Given information
------------------------------------

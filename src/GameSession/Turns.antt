-- ===== src/GameSession/Turns.antt =====
-- `apply_action`, and the invariant of a session.
use ascii_poker.Prelude.{
  ℕ, ◌≡◌, subst, inl, inr, true, List, Option, none, some, elem, arith, ltb, ◌==◌, Bool-cases,
  Option-cases, at_key, Set, sub32,
}
use ascii_poker.Card.{Card}
use ascii_poker.Deck.{IsShuffle}
use ascii_poker.Protocol.{Action, fold, check, call, raise, error_reply}
use ascii_poker.GameSession.State.{GameSession, returns, emit, send_message}
use ascii_poker.GameSession.Seats.{player_at, count_active_players, advance_to_next_player}
use ascii_poker.GameSession.Chips.{contribute, record_player_action}
use ascii_poker.GameSession.Notify.{broadcast_action_event}
use ascii_poker.GameSession.Phases.{ask_current_player}
use ascii_poker.GameSession.Moves.{
  Attempt, refused, accepted, raise_to, perform, pass_turn, after_action, apply_action,
}
use ascii_poker.GameSession.Outcomes.{NeverThrows}
use ascii_poker.GameSession.Seated.{elem-get_or, send_each_effects}
use ascii_poker.GameSession.Opening.{SoundWithin, SoundWithin-effects, contribute-SoundWithin}
use ascii_poker.GameSession.Calls.{SoundWithin-SameTable}
use ascii_poker.GameSession.Hand.{
  handle_single_winner-SoundWithin, end_turn-SoundWithin, advance-SoundWithin,
  ask_current_player-SoundWithin,
}

-- Members that the invariant does not read.
pub SoundWithin-bets :
    (n : ℕ) (s : GameSession) (bet increment : ℕ) (folded acted : Set)
    → SoundWithin n s
    → SoundWithin n (record s {
      current_bet = bet;
      last_raise_increment = increment;
      folded_players = folded;
      players_acted = acted;
    })
SoundWithin-bets n s bet increment folded acted (h, le) = (ground arith, le)

-- An accepted action keeps the invariant.
abbrev pub KeepsSound : ℕ → Attempt → Type 0
KeepsSound n (refused code) = Unit
KeepsSound n (accepted s') = SoundWithin n s'

raise_to-KeepsSound :
    (n amount current : ℕ) (s : GameSession)
    → elem current s.players ≡ true
    → SoundWithin n s
    → KeepsSound n (raise_to amount current s)
unfolding raise_to
raise_to-KeepsSound n amount current s here h =
    let t = (contribute current (sub32 amount (at_key s.round_bets current)) s).0 in
    let paid : SoundWithin n t =
      contribute-SoundWithin n current (sub32 amount (at_key s.round_bets current)) s here h in
    let bet = at_key t.round_bets current in
    let raised =
      SoundWithin-bets n t bet (sub32 bet s.current_bet) t.folded_players t.players_acted paid in
    ground (arith, paid, raised)

pub perform-KeepsSound :
    (n : ℕ) (action : Action) (amount : Option ℕ) (current : ℕ) (s : GameSession)
    → elem current s.players ≡ true
    → SoundWithin n s
    → KeepsSound n (perform action amount current s)
unfolding perform
perform-KeepsSound n fold amount current s here h =
    SoundWithin-bets n s s.current_bet s.last_raise_increment _ s.players_acted h
perform-KeepsSound n check amount current s here h = ground arith
perform-KeepsSound n call amount current s here h =
    let to_call = sub32 s.current_bet (at_key s.round_bets current) in
    let paid = contribute-SoundWithin n current to_call s here h in
    elim (Bool-cases (ltb 0 to_call)) [ inl e ↦ rw e paid | inr e ↦ rw e h ]
perform-KeepsSound n raise none current s here h = tt
perform-KeepsSound n raise (some amount) current s here h =
    raise_to-KeepsSound n amount current s here h

pub record_player_action-SoundWithin :
    (n current : ℕ) (action : Action) (s : GameSession)
    → SoundWithin n s
    → SoundWithin n (record_player_action current action s)
unfolding record_player_action
record_player_action-SoundWithin n current fold s h =
    SoundWithin-bets n s s.current_bet s.last_raise_increment s.folded_players _ h
record_player_action-SoundWithin n current check s h =
    SoundWithin-bets n s s.current_bet s.last_raise_increment s.folded_players _ h
record_player_action-SoundWithin n current call s h =
    SoundWithin-bets n s s.current_bet s.last_raise_increment s.folded_players _ h
record_player_action-SoundWithin n current raise s h =
    SoundWithin-bets n s s.current_bet s.last_raise_increment s.folded_players _ h

pub broadcast_action_event-SoundWithin :
    (n : ℕ) (name : _) (action : Action) (amount : Option ℕ) (s : GameSession)
    → SoundWithin n s
    → SoundWithin n (broadcast_action_event name action amount s)
unfolding broadcast_action_event
broadcast_action_event-SoundWithin n name action amount s h =
    SoundWithin-SameTable n s _ (send_each_effects _ s.players s) h

-- The player in turn sits at the table.
pub in_turn-elem :
    (n current : ℕ) (s : GameSession)
    → (player_at s s.current_player_index == current) ≡ true
    → SoundWithin n s
    → elem current s.players ≡ true
in_turn-elem n current s turn h =
    let same : player_at s s.current_player_index ≡ current = ground arith in
    subst (λ (p : ℕ). elem p s.players ≡ true) same
      (elem-get_or s.players s.current_player_index h.0.current)

module _ (shuffle : ℕ → List Card → List Card) (perm : IsShuffle shuffle) (fuel : ℕ) where
  after_action-SoundWithin :
      (n : ℕ) (action : Action) (amount : Option ℕ) (current : ℕ) (s : GameSession)
      → SoundWithin n s
      → NeverThrows (SoundWithin n) (after_action shuffle fuel action amount current s)
  unfolding after_action pass_turn
  after_action-SoundWithin n action amount current s h =
      let ask = ask_current_player shuffle fuel in
      let keeps = ask_current_player-SoundWithin shuffle perm fuel in
      let t =
        broadcast_action_event (s.name_of current) action amount
          (record_player_action current action s) in
      let sound =
        broadcast_action_event-SoundWithin n (s.name_of current) action amount _
          (record_player_action-SoundWithin n current action s h) in
      elim (Bool-cases (count_active_players t == 1)) [
        | inl e ↦
            rw (e, after_action) (handle_single_winner-SoundWithin shuffle perm ask keeps n t sound)
        | inr e ↦
            rw (e, after_action)
              (end_turn-SoundWithin shuffle perm ask keeps n (advance_to_next_player t) ask
                (keeps n) (advance-SoundWithin shuffle perm n t sound))
      ]

  -- With a shuffle that permutes the cards: an action at a sound session, from whatever connection
  -- and of whatever kind and amount, throws nothing, whatever the fuel; and a session that the call
  -- returns is sound, with at most the `n` chips that bound those before.
  pub apply_action-SoundWithin :
      (n connection : ℕ) (action : Action) (amount : Option ℕ) (s : GameSession)
      → SoundWithin n s
      → NeverThrows (SoundWithin n) (apply_action shuffle fuel connection action amount s)
  unfolding apply_action
  apply_action-SoundWithin n connection action amount s h =
      elim (Option-cases (s.connection_map connection)) [
        | inl e ↦ rw (e, apply_action) h
        | inr (current, e) ↦
            rw (e, apply_action)
              (elim (Bool-cases (player_at s s.current_player_index == current)) [
                | inl turn ↦ rw turn (act current (in_turn-elem n current s turn h))
                | inr other ↦ rw other (SoundWithin-effects n s s.bankrolls _ h)
              ])
      ]
    where
      act :
          (current : ℕ)
          → elem current s.players ≡ true
          → NeverThrows (SoundWithin n) (elim (perform action amount current s) [
            | refused code ↦ returns (emit (send_message current (error_reply code)) s)
            | accepted s' ↦ after_action shuffle fuel action amount current s'
          ])
      act current here =
          settle (perform action amount current s)
            (perform-KeepsSound n action amount current s here h)
        where
          settle :
              (attempt : Attempt)
              → KeepsSound n attempt
              → NeverThrows (SoundWithin n) (elim attempt [
                | refused code ↦ returns (emit (send_message current (error_reply code)) s)
                | accepted s' ↦ after_action shuffle fuel action amount current s'
              ])
          settle (refused code) k = SoundWithin-effects n s s.bankrolls _ h
          settle (accepted s') k = after_action-SoundWithin n action amount current s' k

------------------------------------

Assignment
A verbatim copy of all the entries above is requested.

Written answer
filename src/GameSession/Turns.antt
-- ===== src/GameSession/Turns.antt =====
-- `apply_action`, and the invariant of a session.
use ascii_poker.Prelude.{
  ℕ, ◌≡◌, subst, inl, inr, true, List, Option, none, some, elem, arith, ltb, ◌==◌, Bool-cases,
  Option-cases, at_key, Set, sub32,
}
use ascii_poker.Card.{Card}
use ascii_poker.Deck.{IsShuffle}
use ascii_poker.Protocol.{Action, fold, check, call, raise, error_reply}
use ascii_poker.GameSession.State.{GameSession, returns, emit, send_message}
use ascii_poker.GameSession.Seats.{player_at, count_active_players, advance_to_next_player}
use ascii_poker.GameSession.Chips.{contribute, record_player_action}
use ascii_poker.GameSession.Notify.{broadcast_action_event}
use ascii_poker.GameSession.Phases.{ask_current_player}
use ascii_poker.GameSession.Moves.{
  Attempt, refused, accepted, raise_to, perform, pass_turn, after_action, apply_action,
}
use ascii_poker.GameSession.Outcomes.{NeverThrows}
use ascii_poker.GameSession.Seated.{elem-get_or, send_each_effects}
use ascii_poker.GameSession.Opening.{SoundWithin, SoundWithin-effects, contribute-SoundWithin}
use ascii_poker.GameSession.Calls.{SoundWithin-SameTable}
use ascii_poker.GameSession.Hand.{
  handle_single_winner-SoundWithin, end_turn-SoundWithin, advance-SoundWithin,
  ask_current_player-SoundWithin,
}

-- Members that the invariant does not read.
pub SoundWithin-bets :
    (n : ℕ) (s : GameSession) (bet increment : ℕ) (folded acted : Set)
    → SoundWithin n s
    → SoundWithin n (record s {
      current_bet = bet;
      last_raise_increment = increment;
      folded_players = folded;
      players_acted = acted;
    })
SoundWithin-bets n s bet increment folded acted (h, le) = (ground arith, le)

-- An accepted action keeps the invariant.
abbrev pub KeepsSound : ℕ → Attempt → Type 0
KeepsSound n (refused code) = Unit
KeepsSound n (accepted s') = SoundWithin n s'

raise_to-KeepsSound :
    (n amount current : ℕ) (s : GameSession)
    → elem current s.players ≡ true
    → SoundWithin n s
    → KeepsSound n (raise_to amount current s)
unfolding raise_to
raise_to-KeepsSound n amount current s here h =
    let t = (contribute current (sub32 amount (at_key s.round_bets current)) s).0 in
    let paid : SoundWithin n t =
      contribute-SoundWithin n current (sub32 amount (at_key s.round_bets current)) s here h in
    let bet = at_key t.round_bets current in
    let raised =
      SoundWithin-bets n t bet (sub32 bet s.current_bet) t.folded_players t.players_acted paid in
    ground (arith, paid, raised)

pub perform-KeepsSound :
    (n : ℕ) (action : Action) (amount : Option ℕ) (current : ℕ) (s : GameSession)
    → elem current s.players ≡ true
    → SoundWithin n s
    → KeepsSound n (perform action amount current s)
unfolding perform
perform-KeepsSound n fold amount current s here h =
    SoundWithin-bets n s s.current_bet s.last_raise_increment _ s.players_acted h
perform-KeepsSound n check amount current s here h = ground arith
perform-KeepsSound n call amount current s here h =
    let to_call = sub32 s.current_bet (at_key s.round_bets current) in
    let paid = contribute-SoundWithin n current to_call s here h in
    elim (Bool-cases (ltb 0 to_call)) [ inl e ↦ rw e paid | inr e ↦ rw e h ]
perform-KeepsSound n raise none current s here h = tt
perform-KeepsSound n raise (some amount) current s here h =
    raise_to-KeepsSound n amount current s here h

pub record_player_action-SoundWithin :
    (n current : ℕ) (action : Action) (s : GameSession)
    → SoundWithin n s
    → SoundWithin n (record_player_action current action s)
unfolding record_player_action
record_player_action-SoundWithin n current fold s h =
    SoundWithin-bets n s s.current_bet s.last_raise_increment s.folded_players _ h
record_player_action-SoundWithin n current check s h =
    SoundWithin-bets n s s.current_bet s.last_raise_increment s.folded_players _ h
record_player_action-SoundWithin n current call s h =
    SoundWithin-bets n s s.current_bet s.last_raise_increment s.folded_players _ h
record_player_action-SoundWithin n current raise s h =
    SoundWithin-bets n s s.current_bet s.last_raise_increment s.folded_players _ h

pub broadcast_action_event-SoundWithin :
    (n : ℕ) (name : _) (action : Action) (amount : Option ℕ) (s : GameSession)
    → SoundWithin n s
    → SoundWithin n (broadcast_action_event name action amount s)
unfolding broadcast_action_event
broadcast_action_event-SoundWithin n name action amount s h =
    SoundWithin-SameTable n s _ (send_each_effects _ s.players s) h

-- The player in turn sits at the table.
pub in_turn-elem :
    (n current : ℕ) (s : GameSession)
    → (player_at s s.current_player_index == current) ≡ true
    → SoundWithin n s
    → elem current s.players ≡ true
in_turn-elem n current s turn h =
    let same : player_at s s.current_player_index ≡ current = ground arith in
    subst (λ (p : ℕ). elem p s.players ≡ true) same
      (elem-get_or s.players s.current_player_index h.0.current)

module _ (shuffle : ℕ → List Card → List Card) (perm : IsShuffle shuffle) (fuel : ℕ) where
  after_action-SoundWithin :
      (n : ℕ) (action : Action) (amount : Option ℕ) (current : ℕ) (s : GameSession)
      → SoundWithin n s
      → NeverThrows (SoundWithin n) (after_action shuffle fuel action amount current s)
  unfolding after_action pass_turn
  after_action-SoundWithin n action amount current s h =
      let ask = ask_current_player shuffle fuel in
      let keeps = ask_current_player-SoundWithin shuffle perm fuel in
      let t =
        broadcast_action_event (s.name_of current) action amount
          (record_player_action current action s) in
      let sound =
        broadcast_action_event-SoundWithin n (s.name_of current) action amount _
          (record_player_action-SoundWithin n current action s h) in
      elim (Bool-cases (count_active_players t == 1)) [
        | inl e ↦
            rw (e, after_action) (handle_single_winner-SoundWithin shuffle perm ask keeps n t sound)
        | inr e ↦
            rw (e, after_action)
              (end_turn-SoundWithin shuffle perm ask keeps n (advance_to_next_player t) ask
                (keeps n) (advance-SoundWithin shuffle perm n t sound))
      ]

  -- With a shuffle that permutes the cards: an action at a sound session, from whatever connection
  -- and of whatever kind and amount, throws nothing, whatever the fuel; and a session that the call
  -- returns is sound, with at most the `n` chips that bound those before.
  pub apply_action-SoundWithin :
      (n connection : ℕ) (action : Action) (amount : Option ℕ) (s : GameSession)
      → SoundWithin n s
      → NeverThrows (SoundWithin n) (apply_action shuffle fuel connection action amount s)
  unfolding apply_action
  apply_action-SoundWithin n connection action amount s h =
      elim (Option-cases (s.connection_map connection)) [
        | inl e ↦ rw (e, apply_action) h
        | inr (current, e) ↦
            rw (e, apply_action)
              (elim (Bool-cases (player_at s s.current_player_index == current)) [
                | inl turn ↦ rw turn (act current (in_turn-elem n current s turn h))
                | inr other ↦ rw other (SoundWithin-effects n s s.bankrolls _ h)
              ])
      ]
    where
      act :
          (current : ℕ)
          → elem current s.players ≡ true
          → NeverThrows (SoundWithin n) (elim (perform action amount current s) [
            | refused code ↦ returns (emit (send_message current (error_reply code)) s)
            | accepted s' ↦ after_action shuffle fuel action amount current s'
          ])
      act current here =
          settle (perform action amount current s)
            (perform-KeepsSound n action amount current s here h)
        where
          settle :
              (attempt : Attempt)
              → KeepsSound n attempt
              → NeverThrows (SoundWithin n) (elim attempt [
                | refused code ↦ returns (emit (send_message current (error_reply code)) s)
                | accepted s' ↦ after_action shuffle fuel action amount current s'
              ])
          settle (refused code) k = SoundWithin-effects n s s.bankrolls _ h
          settle (accepted s') k = after_action-SoundWithin n action amount current s' k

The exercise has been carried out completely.